Именно там, где господствует ужасная смерть, в людях как противодействие непроизвольно растет человечность.
Покой – неотъемлемый элемент творчества. Он собирает, он очищает, он упорядочивает внутренние силы, он вновь объединяет все рассеянное диким движением. Если бутыль с жидкостью потрясти, а затем снова поставить, то примесь осядет на дно; так и у человека, вдруг оказавшегося вне беспокойной, суматошливой жизни, тишина и размышления отчетливее кристаллизуют характер.
"Молодая женщина, которую тысячи людей признают красавицей, благодаря этому признанию её красоты становится ещё красивее."
Для солидной аферы всегда необходимы два действующих лица: незаурядный мошенник и большой глупец.
Но трагикомедия любой незаконной власти (даже Наполеон не избегнет этого!) заключается в том, чтобы добиться признания законной властью.
Ведь для того, чтобы взяться за оружие, для того, чтобы стать Действием, Недовольство – само по себе пассивное состояние – нуждается в телесном образе, безразлично, знаменосец ли это идеи или мишень для накопившейся ненависти – библейский козел отпущения. Таинственной сущности «народ» дано мыслить лишь человекоподобными образами: отвлеченные понятия никогда не воспринимаются им отчетливо. Только в образах эти понятия приобретают определенность, именно поэтому там, где народ чувствует какую-то вину, у него возникает потребность увидеть виновного.
...ибо повелитель должен принимать решения в исторические секунды не по старым рецептам, не по образцам, которые никогда не имеют практической ценности. Лишь пророческий взгляд гения способен распознать в современности спасительное и правильное решение, лишь действие, героически преступающее существующие нормы, способно укротить дикие, хаотические силы стихии. Но никогда заклинаниями бури не прекратить, не укротить её, убрав паруса; она будет бушевать с неослабной силой, пока наконец сама не истощится и не успокоится.
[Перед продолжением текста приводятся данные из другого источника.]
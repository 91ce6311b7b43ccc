-- ===== src/Latch/Attempt.antt =====
-- What an attempt to acquire all keys ends with, in the states that calls reach.
use client_go.Base.{
  ℕ, zero, suc, ◌≡◌, ◌≢◌, inl, inr, true, Bool-cases, Option-cases, some, List, [], ◌∷◌, Bytes,
}
use client_go.Latch.{Request, AcquireResult, acquire_success, acquire_locked, acquire_stale}
use client_go.Latch.Table.{Latches, acquire_slot, acquire_loop, acquire, length_of}
use client_go.Latch.Requests.{HasKey, NoRepeat, acquired-Before, not-Before_self}
use client_go.Latch.Holders.{Holding, wanted_cases}
use client_go.Latch.Reached.{Reached, then_step, acquires, Reached-Holding}
use client_go.Latch.Runs.{Contains, Outcome, acquire_ends}

module _ (sum_32 : Bytes → ℕ) (size : ℕ) (start_ts : ℕ → ℕ) (keys : ℕ → List Bytes) where
  go_on :
      (rounds : ℕ) (t s' : Latches) (i : ℕ) (u result : AcquireResult)
      → Reached sum_32 size start_ts keys t
      → (elim u [
        | acquire_success ↦ acquire_loop rounds t i
        | acquire_locked ↦ some (t, acquire_locked)
        | acquire_stale ↦ some (t, acquire_stale)
      ])
        ≡ some (s', result)
      → (acquire_loop rounds t i ≡ some (s', result) → Reached sum_32 size start_ts keys s')
      → Reached sum_32 size start_ts keys s'
  go_on rounds t s' i acquire_success result reached e later = later e
  go_on rounds t s' i acquire_locked result reached e later =
      let state : t ≡ s' = cc e in rw (← state) reached
  go_on rounds t s' i acquire_stale result reached e later =
      let state : t ≡ s' = cc e in rw (← state) reached

  acquire_loop-Reached :
      (rounds : ℕ) (s s' : Latches) (i : ℕ) (result : AcquireResult)
      → Reached sum_32 size start_ts keys s
      → acquire_loop rounds s i ≡ some (s', result)
      → Reached sum_32 size start_ts keys s'
  unfolding acquire_loop
  acquire_loop-Reached zero s s' i result reached e =
      let state : s ≡ s' = cc e in rw (← state) reached
  acquire_loop-Reached (suc rounds) s s' i result reached e =
      elim (wanted_cases (s.locks i).wanted) [
        | inl nothing ↦
            let state : s ≡ s' = cc (rw (nothing, acquire_loop) at e) in rw (← state) reached
        | inr (r, (rest, wants)) ↦ elim (Option-cases (acquire_slot s i)) [
          | inl panics ↦ absurd (cc (rw (wants, panics, acquire_loop) at e))
          | inr ((t, u), runs) ↦
              let reached' = then_step s t reached (acquires s t i u runs) in
              go_on rounds t s' i u result reached' (rw (wants, runs, acquire_loop) at e)
                (acquire_loop-Reached rounds t s' i result reached')
        ]
      ]

  acquire-Reached :
      (s s' : Latches) (i : ℕ) (result : AcquireResult)
      → Reached sum_32 size start_ts keys s
      → acquire s i ≡ some (s', result)
      → Reached sum_32 size start_ts keys s'
  unfolding acquire
  acquire-Reached s s' i result reached e = elim (Bool-cases (s.locks i).is_stale) [
    | inl stale ↦ let state : s ≡ s' = cc (rw stale at e) in rw (← state) reached
    | inr fresh ↦
        acquire_loop-Reached (length_of (s.locks i).wanted) s s' i result reached (rw fresh at e)
  ]

  -- What the attempt leaves, by its result. A lock that has to wait is in the waiting list of the latch
  -- of its next key, which another lock has acquired.
  abbrev pub Attempted : Latches → ℕ → AcquireResult → Type 0
  Attempted s i acquire_success = (s.locks i).wanted ≡ []
  Attempted s i acquire_stale = (s.locks i).is_stale ≡ true
  Attempted s i acquire_locked =
      (r : Request) × ((rest : List Request) × (((s.locks i).wanted ≡ r ∷ rest)
          × Contains i (s.slots r.slot_id).waiting
          × ((holder : ℕ) × (holder ≢ i) × HasKey (s.locks holder).acquired r.key)))

  Outcome-Attempted :
      (s : Latches) (i : ℕ) (result : AcquireResult)
      → Holding sum_32 size s
      → Outcome s i result
      → Attempted s i result
  Outcome-Attempted s i acquire_success h o = o
  Outcome-Attempted s i acquire_stale h o = o
  Outcome-Attempted s i acquire_locked h (r, (rest, (wants, ((n, (v, (found, busy))), queued)))) =
      let routed = rw wants at (h.routed i).1 in
      let has : HasKey (s.locks v).acquired r.key =
        h.owned v r.key (n, rw routed.0 at found, busy) in
      let other = (λ (same : v ≡ i). not-Before_self r.key (
        acquired-Before (s.locks i).acquired r.key r rest (rw wants at (h.ordered i).between)
          (rw same at has))) in
      (r, (rest, (wants, queued, (v, other, has))))

  -- In every state that calls of the latches reach, in any order, when no list of keys has a key twice:
  -- `acquire` returns, in a state that is reached too, and with one of three results. On success no key
  -- is left to acquire. A stale result comes with the lock marked as stale. A locked result comes with
  -- the lock in the waiting list of the latch of its next key, and that key is acquired by another lock.
  pub acquire-Attempted :
      (s : Latches) (i : ℕ)
      → ((i : ℕ) → NoRepeat (keys i))
      → Reached sum_32 size start_ts keys s
      → (s' : Latches) × ((result : AcquireResult) × ((acquire s i ≡ some (s', result))
            × Attempted s' i result
            × Reached sum_32 size start_ts keys s'))
  acquire-Attempted s i n reached =
      let (s', (result, (runs, outcome))) = acquire_ends s i in
      let reached' = acquire-Reached s s' i result reached runs in
      (
        s',
        (
          result,
          (
            runs,
            Outcome-Attempted s' i result (Reached-Holding sum_32 size start_ts keys s' n reached')
                outcome,
            reached',
          ),
        ),
      )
Но хотя народ как некая совокупность, как множество людей никогда не мыслит логически, он обладает стихийным, животным чутьём, более развитым, чем у отдельного человека; оружие народа – не размышления, а инстинкты, и эти инстинкты почти всегда непогрешимо верны.
Не обожествлять, а очеловечивать – вот высший закон творческой психологии; не обвинять, пользуясь искусственными аргументами, а объяснять – вот её задача.
Иной раз Реальность, Действительность в поразительно удачный для нее день выкинет такое, что самому изобретательному, самому изощренному выдумщику-писателю не повторить столь сложной ситуации, столь запутанной интриги.
В иллюстрированной Книге Истории век этот невозможно представить ни одним королём, ни одним мужчиной. Изобразить его можно лишь в образе женщины, королевы, и вот этому–то собирательному образу Королевы рококо полностью соответствует Мария Антуанетта. Из беспечных – самая беспечная, среди расточительных – самая расточительная, между галантными и кокетливыми женщинами – изысканнейше галантная и осознанно кокетливая, своей личностью она незабываемо отчётливо и предельно точно выразила обычаи, манеры, нормы поведения, искусственный уклад жизни Dix–huitieme.
Революция стремится вперед, она должна стремиться вперед, если не хочет пойти на убыль, ибо революция - это бурное движение вперед. Остановка губительна для нее, движение вспять - смертельно. Она должна требовать, все больше и больше требовать для того, чтобы утвердить себя, чтобы не оказаться побежденной.
Но несчастье никогда не меняет характер, не вводит в него новые элементы; оно лишь формирует все заложенное в человеке.